> INSTRUCTIONS TO FOLLOW
Which lines in the data contain the word "observe"? Please copy each of them.

> Records from a dataset
◇ ◇ ◇ ◇ ◇

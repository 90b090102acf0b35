-- ===== src/Root/Replay/Unchanged.antt =====
-- What `replay` reports of a trace that it can load.
use mathlib.Core.Path.{subst}
use proxclt.Base.{
  ℕ, ◌+◌, Str, str_eq_refl, Bool, Bool-cases, true, if◌then◌else◌, Option, Option-cases, none, some,
  List, [], ◌∷◌, map, length, Error, Result, ok, err, ◌≡◌, refl, ap, ◌∙◌, inl, inr, arith,
}
use proxclt.Trace.Schema.{Record, Codec, verify_chain}
use proxclt.Trace.Reader.{load_all, read_all, checked}
use proxclt.Trace.Replay.{
  Mode, strict, observe, dry_run, Outcome, Json, replay, replay_from, compare_output,
  equal_normalized, is_executed, match_of, add, skip,
}
use proxclt.Root.Replay.{
  mock_executor, Summary, summary, count_one, mode_of, loaded, replay_records, run_replay,
}

module _ (j : Json) where
  equal_normalized_self : (s : Str) → equal_normalized j s s ≡ true
  unfolding equal_normalized
  equal_normalized_self s = elim (Option-cases (j.canonical s)) [
    | inl text ↦ rw text (ground (arith, str_eq_refl s))
    | inr (t, json) ↦ rw json (ground (arith, str_eq_refl t))
  ]

  compared :
      (mode : Mode) (i : ℕ) (r : Record) (go : Unit {0} → Outcome (Unit {0}))
      → ((compare_output j mode i r go (mock_executor r tt)).failure ≡ (go tt).failure)
        × ((compare_output j mode i r go (mock_executor r tt)).results
            ≡ match_of r ∷ (go tt).results)
  unfolding compare_output
  compared mode i r go = rw (equal_normalized_self r.output) (refl, refl)

  -- A record that is executed or skipped, before a rest that matches.
  one_more :
      (mode : Mode) (i : ℕ) (r : Record) (rest : List Record) (go : Unit {0} → Outcome (Unit {0}))
      → ((go tt).failure ≡ none) × ((go tt).results ≡ map match_of rest)
      → let o =
          if is_executed r.decision
          then compare_output j mode i r go (mock_executor r tt)
          else add r i (match_of r) skip (go tt) in
        (o.failure ≡ none) × (o.results ≡ match_of r ∷ map match_of rest)
  one_more mode i r rest go later =
      let listed = ap (λ z. match_of r ∷ z) later.1 in
      elim (Bool-cases (is_executed r.decision)) [
        | inl runs ↦ let step = compared mode i r go in rw runs (step.0 ∙ later.0, step.1 ∙ listed)
        | inr passed ↦ rw passed (later.0, listed)
      ]

  -- Each record is reported as a match, and there is no error, in every mode.
  replay_from-mock :
      (mode : Mode) (i : ℕ) (rs : List Record)
      → ((replay_from j mode mock_executor i rs tt).failure ≡ none)
        × ((replay_from j mode mock_executor i rs tt).results ≡ map match_of rs)
  unfolding replay_from
  replay_from-mock mode i [] = (refl, refl)
  replay_from-mock dry_run i (r ∷ rest) =
      let later = replay_from-mock dry_run (i + 1) rest in
      (later.0, ap (λ z. match_of r ∷ z) later.1)
  replay_from-mock strict i (r ∷ rest) =
      one_more strict i r rest (replay_from j strict mock_executor (i + 1) rest)
        (replay_from-mock strict (i + 1) rest)
  replay_from-mock observe i (r ∷ rest) =
      one_more observe i r rest (replay_from j observe mock_executor (i + 1) rest)
        (replay_from-mock observe (i + 1) rest)

abbrev pub all_matched : ℕ → Summary
all_matched n = record { matched = n; diverged = 0; errored = 0 }

summary-matches : (rs : List Record) → summary (map match_of rs) ≡ all_matched (length rs)
unfolding summary count_one
summary-matches [] = refl
summary-matches (r ∷ rest) = ground (arith, summary-matches rest)

-- A trace that LoadAll returns has an intact chain.
load_all-intact :
    (c : Codec) (file : Result Str) (rs : List Record)
    → load_all c file ≡ (rs, none)
    → verify_chain c rs ≡ none
unfolding load_all checked
load_all-intact c (err e) rs h = cc (ap (λ z. z.1) h)
load_all-intact c (ok text) rs h = verified (read_all c text) h
  where
    verified :
        (x : List Record × Option Error) → checked c x ≡ (rs, none) → verify_chain c rs ≡ none
    verified (recs, some e) g = cc (ap (λ z. z.1) g)
    verified (recs, none) g = elim (Option-cases (verify_chain c recs)) [
      | inl intact ↦
          let k : (recs, none) ≡ (rs, none) = rw (intact, checked) at g in
          subst (λ z. verify_chain c z ≡ none) (ap (λ z. z.0) k) intact
      | inr (p, broken) ↦ let k = rw (broken, checked) at g in cc (ap (λ z. z.1) k)
    ]

replay-mock :
    (j : Json) (c : Codec) (mode : Mode) (rs : List Record)
    → verify_chain c rs ≡ none
    → replay j mode mock_executor c rs tt ≡ replay_from j mode mock_executor 0 rs tt
unfolding replay
replay-mock j c mode rs intact = rw (intact, replay) refl

records-Loaded :
    (j : Json) (c : Codec) (mode : Mode) (r : Record) (rest : List Record)
    → verify_chain c (r ∷ rest) ≡ none
    → replay_records j c mode (r ∷ rest) ≡ (none, some (all_matched (length (r ∷ rest))))
unfolding replay_records
records-Loaded j c mode r rest intact =
    let whole = replay-mock j c mode (r ∷ rest) intact in
    let all = replay_from-mock j mode 0 (r ∷ rest) in
    λ i. (
      (ap (λ o. o.failure) whole ∙ all.0) i,
      some ((ap (λ o. summary o.results) whole ∙ ap summary all.1 ∙ summary-matches (r ∷ rest)) i),
    )

-- Without and with each of its flags, `replay` returns no error for a trace that LoadAll accepts, and where
-- the trace is not empty it counts every record as a match, since its executor returns what was recorded.
pub run_replay-Loaded :
    (j : Json) (c : Codec) (file : Result Str) (r : Record) (rest : List Record)
    (observing dry : Bool)
    → load_all c file ≡ (r ∷ rest, none)
    → run_replay j c file observing dry ≡ (none, some (all_matched (length (r ∷ rest))))
unfolding run_replay loaded
run_replay-Loaded j c file r rest observing dry h =
    ap (loaded j c (mode_of observing dry)) h
    ∙ records-Loaded j c (mode_of observing dry) r rest (load_all-intact c file (r ∷ rest) h)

◇ ◇ ◇ ◇ ◇

> FINISHED TASK
  Mode, strict, observe, dry_run, Outcome, Json, replay, replay_from, compare_output,
  replay_from-mock observe i (r ∷ rest) =
      one_more observe i r rest (replay_from j observe mock_executor (i + 1) rest)
        (replay_from-mock observe (i + 1) rest)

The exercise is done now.